Conclusions A predominant sympathetic modulation characterises the majority of PAF onsets whereas a vagal predominance was detectable in about 30% of episodes. These patterns are no longer detectable after recovery of sinus rhythm.

Key Words: Autonomic nervous system • Heart rate variability • Sympathetic activation • Vagal mechanisms • Atrial arrhythmias

Introduction

Atrial fibrillation is a major clinical problem involving a growing number of patients with different arrhythmia-related symptoms and causing a significant social and economic impact. From a clinical point of view, atrial fibrillation has been classified as paroxysmal or persistent in relation to the modality of termination, and permanent when the efforts to restore sinus rhythm become ineffective. It is a common opinion that the time frame elapsing from the paroxysmal to the permanent form may be extremely variable and influenced by several factors such as the presence or absence of structural heart disease, atrial dimension and the duration of the arrhythmia.

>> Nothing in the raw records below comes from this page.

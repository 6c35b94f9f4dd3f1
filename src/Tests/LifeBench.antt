-- ===== src/Tests/LifeBench.antt =====
-- The bench keeps what a platform and an application promise.
use zephyr_uds.Base.{refl, arith}
use zephyr_uds.Platform.{default_config}
use zephyr_uds.Platform.WeakDefaults.{weak_defaults}
use zephyr_uds.Security
use zephyr_uds.Security.{is_locked_out}
use zephyr_uds.Security.Guessing.{power_on-IsCounting}
use zephyr_uds.Security.Persistence.{NvsLaws}
use zephyr_uds.Server.Machine.{power_on}
use zephyr_uds.Server.Quiet.{Quiet}
use zephyr_uds.Server.Lock.Isolation.{stored_items, Isolated}
use zephyr_uds.Server.Lock.Sound.{Behaved, IsSound}
use zephyr_uds.Security.{Security}
use zephyr_uds.Tests.Bench.{
  World, bench_os, bench_app, bench_nvs, bench_fills, default_config-IsConfig,
}
use zephyr_uds.Tests.ServerBench.{fresh}

weak_nvs : NvsLaws default_config bench_os (weak_defaults World)
unfolding weak_defaults
weak_nvs = record {
  read_written = λ w id x. ground arith;
  read_other = λ w id other x differ. ground arith;
  read_entropy = λ w n id. refl;
  read_mount = λ w id. refl;
  read_verify = λ w level seed key id. refl;
}

weak_quiet : Quiet (stored_items bench_os) bench_os (weak_defaults World)
unfolding weak_defaults
weak_quiet = record {
  can_start = λ w id. refl;
  read_did = λ w did max_len id. refl;
  write_did = λ w did bytes id. refl;
  io_control = λ w did control_param bytes id. refl;
  routine_start = λ w routine_id id. refl;
  request_results = λ w routine_id id. refl;
  freeze_frame = λ w dtc record_num max_len id. refl;
  periodic_did = λ w did id. refl;
  clear_dtcs = λ w fs dtc_group id. refl;
}

weak_isolated : Isolated bench_os (weak_defaults World)
unfolding weak_defaults
weak_isolated = record {
  quiet = weak_quiet;
  erase = λ w address size id. refl;
  write_block = λ w offset bytes id. refl;
}

bench_quiet : Quiet (stored_items bench_os) bench_os bench_app
bench_quiet = record {
  can_start = λ w id. refl;
  read_did = λ w did max_len id. refl;
  write_did = λ w did bytes id. refl;
  io_control = λ w did control_param bytes id. refl;
  routine_start = λ w routine_id id. refl;
  request_results = λ w routine_id id. refl;
  freeze_frame = λ w dtc record_num max_len id. refl;
  periodic_did = λ w did id. refl;
  clear_dtcs = λ w fs dtc_group id. refl;
}

bench_isolated : Isolated bench_os bench_app
bench_isolated = record {
  quiet = bench_quiet;
  erase = λ w address size id. refl;
  write_block = λ w offset bytes id. refl;
}

pub weak_behaved : Behaved default_config bench_os (weak_defaults World)
weak_behaved = record {
  valid = default_config-IsConfig;
  fills = bench_fills;
  nvs = weak_nvs;
  isolated = weak_isolated;
  up = record { can = λ w. refl; storage = λ w. refl; sized = λ w. (3, refl); mounted = λ w. refl };
}

pub bench_behaved : Behaved default_config bench_os bench_app
bench_behaved = record {
  valid = default_config-IsConfig;
  fills = bench_fills;
  nvs = bench_nvs;
  isolated = bench_isolated;
  up = record { can = λ w. refl; storage = λ w. refl; sized = λ w. (3, refl); mounted = λ w. refl };
}

pub fresh_weak-IsSound : IsSound default_config bench_os (weak_defaults World) fresh
unfolding power_on Security.power_on
fresh_weak-IsSound = record {
  counting = power_on-IsCounting default_config default_config-IsConfig;
  persisted = record { counter = refl; lockout = refl };
}

pub fresh-IsSound : IsSound default_config bench_os bench_app fresh
unfolding power_on Security.power_on
fresh-IsSound = record {
  counting = power_on-IsCounting default_config default_config-IsConfig;
  persisted = record { counter = refl; lockout = refl };
}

All these factors are recognised as a major determinant of the extent of electrical, mechanical and anatomical remodelling.1–4

An additional factor, which is often not adequately considered, is the role of the autonomic nervous system and, in particular, the pro-arrhythmic effects of sympathetic or vagal activation.5 In experimental models of atrial fibrillation, it has been possible to observe that both sympathetic and vagal activations were capable of reducing atrial refractoriness and therefore to favour re-entry. The effect on atrial refractoriness was noticed during either an increase of atrial cycle length secondary to vagal activation or during a shortening of atrial cycle length secondary to sympathetic activation.5–8 Changes in action potential duration and refractoriness could produce pro-arrhythmic effects not only in the induction but also in the perpetuation of atrial fibrillation. In addition, it cannot be excluded that the continuous and non-physiological variations of cardiac cycle duration during atrial fibrillation episodes might affect autonomic control mechanisms and atrial and ventricular remodelling, thus favouring arrhythmia maintenance.3

In the past, a few clinical studies5,7–10 were made in order to verify the existence of a link between atrial fibrillation episodes and autonomous nervous system. In most instances, particularly in subjects with paroxysmal atrial fibrillation (PAF), a pro-arrhythmic role of sympathetic or vagal activation was recognised. The inference, however, was mainly based on the analysis of the environmental context in which atrial fibrillation initiated. Accordingly, exercise-induced atrial fibrillation was considered to depend upon sympathetic activation, whereas arrhythmic episodes occurring during rest or night time were classified as of vagal origin.5 More recently, by applying heart rate variability analysis, signs of abnormal autonomic modulation of sinus node have been described in patients with episodes of atrial fibrillation during Holter recordings or after DC cardioversion.9–17

The aims of the present study were to analyse the relationship between patterns of onset of paroxysmal atrial fibrillation (PAF) and autonomic tone and to evaluate whether spontaneous recovery of sinus node could be associated with changes in indices of autonomic modulation in ambulatory patients who presented PAF episodes during Holter recording.

Methods

Study population
We analysed Holter recordings of 75 consecutive patients (mean age 67±10 years; range from 47 to 87 years, gender: 57 male) who presented 148 PAF episodes lasting at least 30 s. The clinical characteristics of individual patients were: systemic hypertension 35%, coronary artery disease 19%, sick sinus syndrome 8%, valvular heart disease 8%, no-organic heart disease 30%. Smoking habit was reported in 25 of 75 subjects. The pharmacological therapy included digoxin in four patients, Calcium antagonists in seven patients, ß-blockers in eight patients, class Ic anti-arrhythmic drugs in 17 patients, and class III anti-arrhythmic drugs in 13 patient. No therapy was given in 29 subjects.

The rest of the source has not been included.